The Memorial Parks business continues to demonstrate substantial growth opportunities supported by an increase in total cash receipts during the period of 52.7% to R39.4 million (August 2020: R25.8 million).

“We introduced a new entry level product at the Nasrec Memorial Park, offering a grave for immediate burial for as low as R13 000. This diversification in the product offering has attracted a new market that could previously not afford a grave in this park and has resulted in an increase in the Gauteng market share during the period.”

Lategan added that the Group is pleased to have concluded a partnership with Nedbank whereby qualifying clients can secure a loan from Nedbank to purchase a grave. “The national rollout and development of further land parcels within existing parks remains a priority with investigations ongoing. The acquisition of new parks is, however, only planned for the next financial year.”

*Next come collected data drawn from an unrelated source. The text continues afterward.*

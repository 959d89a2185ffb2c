-- ===== src/Raft/Terms.antt =====
-- Terms only grow, whatever event a peer meets.
use mit_distribution.Base.{
  ℕ, ◌+◌, ◌≤◌, ◌≡◌, inl, inr, Option, some, List, [], ◌∷◌, arith, Option-cases, get_elem?, length,
}
use mit_distribution.Raft.State.{Raft, start_append, start_election, kill}
use mit_distribution.Raft.Vote.{
  RequestVoteArgs, RequestVoteReply, request_vote_reply, on_vote_reply,
}
use mit_distribution.Raft.Append.{
  RequestAppendEntriesArgs, RequestAppendEntriesReply, follow, heartbeat, append_entries,
  request_append_entries_reply,
}
use mit_distribution.Raft.Replicate.{ApplyMsg, record_match, back_up, on_append_reply, apply_next}
use mit_distribution.Raft.Commit.{advance_commit_effect}
use mit_distribution.Raft.Step.{Event, step, run}
use mit_distribution.Raft.Step.{
  starts, vote_asked, vote_answered, append_asked, append_answered, applies, times_out, is_killed,
}

module _ {A : Type 0} where
  request_vote_reply-term :
      (args : RequestVoteArgs) (rf : Raft A)
      → rf.current_term ≤ (request_vote_reply args rf).0.current_term
  unfolding request_vote_reply
  request_vote_reply-term args rf = ground arith

  on_vote_reply-term :
      (args : RequestVoteArgs) (reply : RequestVoteReply) (rf : Raft A) (votes : ℕ)
      → rf.current_term ≤ (on_vote_reply args reply rf votes).0.current_term
  unfolding on_vote_reply
  on_vote_reply-term args reply rf votes = ground arith

  request_append_entries_reply-term :
      (args : RequestAppendEntriesArgs A) (rf : Raft A)
      → rf.current_term ≤ (request_append_entries_reply args rf).0.current_term
  unfolding request_append_entries_reply follow heartbeat append_entries
  request_append_entries_reply-term args rf = ground arith

  on_append_reply-term :
      (server : ℕ) (args : RequestAppendEntriesArgs A) (reply : RequestAppendEntriesReply)
      (rf rf' : Raft A)
      → on_append_reply server args reply rf ≡ some rf'
      → rf.current_term ≤ rf'.current_term
  unfolding on_append_reply record_match back_up
  on_append_reply-term server args reply rf rf' e =
      let matched : ℕ = args.prev_log_index + length args.entries in
      ground (
        arith,
        Option-cases (get_elem? rf.next_index server),
        advance_commit_effect matched (record_match server matched rf) rf',
      )

  apply_next-term :
      (rf rf' : Raft A) (m : Option (ApplyMsg A))
      → apply_next rf ≡ some (rf', m)
      → rf'.current_term ≡ rf.current_term
  unfolding apply_next
  apply_next-term rf rf' m e = ground (arith, Option-cases (get_elem? rf.log (rf.last_applied + 1)))

  pub step-term :
      (ev : Event A) (rf rf' : Raft A) → step ev rf ≡ some rf' → rf.current_term ≤ rf'.current_term
  unfolding step start_append start_election kill
  step-term (starts command term) rf rf' e = ground arith
  step-term (vote_asked args) rf rf' e = ground (arith, request_vote_reply-term args rf)
  step-term (vote_answered args reply votes) rf rf' e =
      ground (arith, on_vote_reply-term args reply rf votes)
  step-term (append_asked args) rf rf' e = ground (arith, request_append_entries_reply-term args rf)
  step-term (append_answered server args reply) rf rf' e =
      on_append_reply-term server args reply rf rf' e
  step-term applies rf rf' e = elim (Option-cases (apply_next rf)) [
    | inl out ↦ ground arith
    | inr ((rf₁, m), done) ↦ ground (arith, apply_next-term rf rf₁ m)
  ]
  step-term times_out rf rf' e = ground arith
  step-term is_killed rf rf' e = ground arith

  -- In any sequence of events that does not panic, a peer's term never decreases.
  pub run-term :
      (evs : List (Event A)) (rf rf' : Raft A)
      → run evs rf ≡ some rf'
      → rf.current_term ≤ rf'.current_term
  unfolding run
  run-term [] rf rf' e = ground arith
  run-term (ev ∷ evs) rf rf' e = elim (Option-cases (step ev rf)) [
    | inl out ↦ ground arith
    | inr (mid, done) ↦ ground (arith, step-term ev rf mid done, run-term evs mid rf')
  ]
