-- ===== src/Raft/Ballots.antt =====
-- How a peer votes (src/raft/raft.go): when it grants, and that it keeps its vote.
use mit_distribution.Base.{
  ℕ, ◌+◌, ◌<◌, ◌≤◌, ◌≡◌, refl, sym, ◌∙◌, ◌⊎◌, ◌↔◌, inl, inr, Bool, true, false, Option, some, List,
  [], ◌∷◌, arith, Option-cases, get_elem?, length, ℤ, pos, minus_one, eqb_ℤ_refl, ltb_ℤ, All,
}
use mit_distribution.Raft.State.{Raft, Log, start_append, start_election, kill}
use mit_distribution.Raft.Vote.{
  RequestVoteArgs, last_log_term, request_vote_args, up_to_date, request_vote_reply, on_vote_reply,
}
use mit_distribution.Raft.Append.{RequestAppendEntriesArgs, RequestAppendEntriesReply}
use mit_distribution.Raft.Replicate.{ApplyMsg, back_up, record_match, on_append_reply, apply_next}
use mit_distribution.Raft.Commit.{advance_commit_effect}
use mit_distribution.Raft.Terms.{step-term, run-term}
use mit_distribution.Raft.Step.{Event, step, run}
use mit_distribution.Raft.Step.{
  starts, vote_asked, vote_answered, append_asked, append_answered, applies, times_out, is_killed,
}

abbrev pub is_append_asked : {A : Type 0} → Event A → Bool
is_append_asked (append_asked args) = true
is_append_asked ev = false

-- In this term this peer has voted for the candidate.
pub record HasVoted {A : Type 0} (term candidate : ℕ) (rf : Raft A) : Type 0 where
  pub in_term : rf.current_term ≡ term
  pub for_candidate : rf.vote_for ≡ pos candidate

module _ {A : Type 0} where
  on_append_reply-vote :
      (server : ℕ) (args : RequestAppendEntriesArgs A) (reply : RequestAppendEntriesReply)
      (rf rf' : Raft A)
      → on_append_reply server args reply rf ≡ some rf'
      → rf'.current_term ≡ rf.current_term
      → rf'.vote_for ≡ rf.vote_for
  unfolding on_append_reply record_match back_up
  on_append_reply-vote server args reply rf rf' e t =
      let matched : ℕ = args.prev_log_index + length args.entries in
      ground (
        arith,
        Option-cases (get_elem? rf.next_index server),
        advance_commit_effect matched (record_match server matched rf) rf',
      )

  apply_next-vote :
      (rf rf' : Raft A) (m : Option (ApplyMsg A))
      → apply_next rf ≡ some (rf', m)
      → rf'.vote_for ≡ rf.vote_for
  unfolding apply_next
  apply_next-vote rf rf' m e = ground (arith, Option-cases (get_elem? rf.log (rf.last_applied + 1)))

  -- No event but a request to append changes the vote of a term.
  step-HasVoted :
      (ev : Event A) (term candidate : ℕ) (rf rf' : Raft A)
      → is_append_asked ev ≡ false
      → HasVoted term candidate rf
      → step ev rf ≡ some rf'
      → rf'.current_term ≡ term
      → HasVoted term candidate rf'
  unfolding step start_append start_election kill request_vote_reply on_vote_reply
  step-HasVoted (starts command t) term candidate rf rf' h v e s = ground arith
  step-HasVoted (vote_asked args) term candidate rf rf' h v e s = ground arith
  step-HasVoted (vote_answered args reply votes) term candidate rf rf' h v e s = ground arith
  step-HasVoted (append_asked args) term candidate rf rf' h v e s = absurd (cc)
  step-HasVoted (append_answered server args reply) term candidate rf rf' h v e s =
      ground (arith, on_append_reply-vote server args reply rf rf' e)
  step-HasVoted applies term candidate rf rf' h v e s = elim (Option-cases (apply_next rf)) [
    | inl out ↦ absurd (ground arith)
    | inr ((rf₁, m), done) ↦ ground (arith, apply_next-vote rf rf₁ m)
  ]
  step-HasVoted times_out term candidate rf rf' h v e s = ground arith
  step-HasVoted is_killed term candidate rf rf' h v e s = ground arith

  run-HasVoted :
      (evs : List (Event A)) (term candidate : ℕ) (rf rf' : Raft A)
      → All (λ ev. is_append_asked ev ≡ false) evs
      → HasVoted term candidate rf
      → run evs rf ≡ some rf'
      → rf'.current_term ≡ term
      → HasVoted term candidate rf'
  unfolding run
  run-HasVoted [] term candidate rf rf' h v e s = ground arith
  run-HasVoted (ev ∷ evs) term candidate rf rf' h v e s = elim (Option-cases (step ev rf)) [
    | inl out ↦ absurd (ground arith)
    | inr (mid, done) ↦
        (let rest : run evs mid ≡ some rf' = ground arith in
          run-HasVoted evs term candidate mid rf' h.1
            (step-HasVoted ev term candidate rf mid h.0 v done
              (omega (arith, run-term evs mid rf' rest, step-term ev rf mid done, v.in_term)))
            rest s)
  ]

  granted-HasVoted :
      (args : RequestVoteArgs) (rf : Raft A)
      → (request_vote_reply args rf).1.vote_granted ≡ true
      → HasVoted args.term args.candidate_id (request_vote_reply args rf).0
  unfolding request_vote_reply
  granted-HasVoted args rf g = ground arith

  grants_only_its_vote :
      (args : RequestVoteArgs) (rf : Raft A) (candidate : ℕ)
      → HasVoted args.term candidate rf
      → (request_vote_reply args rf).1.vote_granted ≡ true
      → args.candidate_id ≡ candidate
  unfolding request_vote_reply
  grants_only_its_vote args rf candidate v g = ground arith

  granted-term :
      (args : RequestVoteArgs) (rf : Raft A)
      → (request_vote_reply args rf).1.vote_granted ≡ true
      → rf.current_term ≤ args.term
  unfolding request_vote_reply
  granted-term args rf g = ground arith

  -- A peer that grants two vote requests of one term, with any events but requests to append in
  -- between, grants them to one candidate.
  pub one_vote_per_term :
      (args₁ args₂ : RequestVoteArgs) (evs : List (Event A)) (rf mid : Raft A)
      → (request_vote_reply args₁ rf).1.vote_granted ≡ true
      → All (λ ev. is_append_asked ev ≡ false) evs
      → run evs (request_vote_reply args₁ rf).0 ≡ some mid
      → (request_vote_reply args₂ mid).1.vote_granted ≡ true
      → args₁.term ≡ args₂.term
      → args₁.candidate_id ≡ args₂.candidate_id
  one_vote_per_term args₁ args₂ evs rf mid g₁ quiet r g₂ same =
      let v = granted-HasVoted args₁ rf g₁ in
      let in_term : mid.current_term ≡ args₁.term = omega (
        arith,
        same,
        v.in_term,
        granted-term args₂ mid g₂,
        run-term evs (request_vote_reply args₁ rf).0 mid r,
      ) in
      let kept = run-HasVoted evs args₁.term args₁.candidate_id _ mid quiet v r in_term in
      sym (
        grants_only_its_vote args₂ mid args₁.candidate_id
          (record { in_term = in_term ∙ same; for_candidate = kept.for_candidate }) g₂)

-- Raft's order on logs: the later last term, or the same last term and no fewer entries. A log with
-- only the entry 0 is behind every other.
abbrev pub last_term : {A : Type 0} → List (Log A) → ℤ
last_term [] = minus_one
last_term (x ∷ []) = minus_one
last_term (x ∷ y ∷ []) = pos y.term
last_term (x ∷ y ∷ z ∷ log) = last_term (y ∷ z ∷ log)

abbrev pub AtLeastAsNew : {A : Type 0} → List (Log A) → List (Log A) → Type 0
AtLeastAsNew xs ys =
    (ltb_ℤ (last_term ys) (last_term xs) ≡ true)
    ⊎ ((last_term xs ≡ last_term ys) × (length ys ≤ length xs))

module _ {A : Type 0} where
  last_log_term-last_term : (log : List (Log A)) → last_log_term log ≡ last_term log
  unfolding last_log_term
  last_log_term-last_term [] = refl
  last_log_term-last_term (x ∷ []) = refl
  last_log_term-last_term (x ∷ y ∷ []) = refl
  last_log_term-last_term (x ∷ y ∷ z ∷ log) = ground (arith, last_log_term-last_term (y ∷ z ∷ log))

  last_term_one : (log : List (Log A)) → length log ≡ 1 → last_term log ≡ minus_one
  last_term_one [] h = refl
  last_term_one (x ∷ []) h = refl
  last_term_one (x ∷ y ∷ log) h = absurd (omega arith)

  last_term_sign :
      (log : List (Log A))
      → ((last_term log ≡ minus_one) × (length log ≤ 1)) ⊎ ((t : ℕ) × (last_term log ≡ pos t))
  last_term_sign [] = inl (refl, omega arith)
  last_term_sign (x ∷ []) = inl (refl, omega arith)
  last_term_sign (x ∷ y ∷ []) = inr (y.term, refl)
  last_term_sign (x ∷ y ∷ z ∷ log) = ground (arith, last_term_sign (y ∷ z ∷ log))

  up_to_date-AtLeastAsNew :
      (c v : Raft A)
      → 0 < length c.log
      → 0 < length v.log
      → (up_to_date (request_vote_args c) v.log ≡ true) ↔ AtLeastAsNew c.log v.log
  unfolding up_to_date request_vote_args
  up_to_date-AtLeastAsNew c v hc hv =
      rw (last_log_term-last_term c.log, last_log_term-last_term v.log)
        (ground (arith, last_term_one v.log, last_term_sign c.log, last_term_sign v.log))

  grants_iff_up_to_date :
      (args : RequestVoteArgs) (v : Raft A)
      → ((request_vote_reply args v).1.vote_granted ≡ true) ↔ (
          (v.current_term ≤ args.term)
          × (up_to_date args v.log ≡ true)
          × ((v.current_term < args.term)
              ⊎ ((v.vote_for ≡ minus_one) ⊎ (v.vote_for ≡ pos args.candidate_id))))
  unfolding request_vote_reply
  grants_iff_up_to_date args v = (λ g. ground arith, λ h. ground (arith, eqb_ℤ_refl v.vote_for))

  -- A peer grants a candidate its vote exactly when the candidate's term is not behind, its log is at
  -- least as new in Raft's order, and in that term the peer has not voted or has voted for it. Both
  -- logs hold at least the entry 0.
  pub grants_iff :
      (c v : Raft A)
      → 0 < length c.log
      → 0 < length v.log
      → ((request_vote_reply (request_vote_args c) v).1.vote_granted ≡ true) ↔ (
          (v.current_term ≤ c.current_term)
          × AtLeastAsNew c.log v.log
          × ((v.current_term < c.current_term)
              ⊎ ((v.vote_for ≡ minus_one) ⊎ (v.vote_for ≡ pos c.me))))
  unfolding request_vote_args
  grants_iff c v hc hv =
      let (to, from) = grants_iff_up_to_date (request_vote_args c) v in
      let (new, newer) = up_to_date-AtLeastAsNew c v hc hv in
      (λ g. let (t, u, f) = to g in (t, new u, f), λ (t, n, f). from (t, newer n, f))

Lategan said the Group is now solidly positioned to capitalise on market demand with cash generation and careful capital allocation remaining areas of focus. “We will also continue to retain higher cash balances and available facilities. This more conservative approach will provide for a much more sustainable Group that can weather economic conditions and unforeseeable events.”

Lategan added that skills development, training and education remain an imperative on the human capital agenda, with additional initiatives underway to support what is currently in place.

He mentioned that debt reduction remains a priority without placing the operational business under too much pressure and would mostly be done from the disposal of rental units or non-core projects, to continue de-risking the Group.

“We see growth in the short to medium-term coming from increased market share in both of the businesses, with operational efficiency initiatives aimed at expanding volumes, reducing costs and developing the required skills across all employee levels, remaining key focus areas across all operations,” Lategan concluded.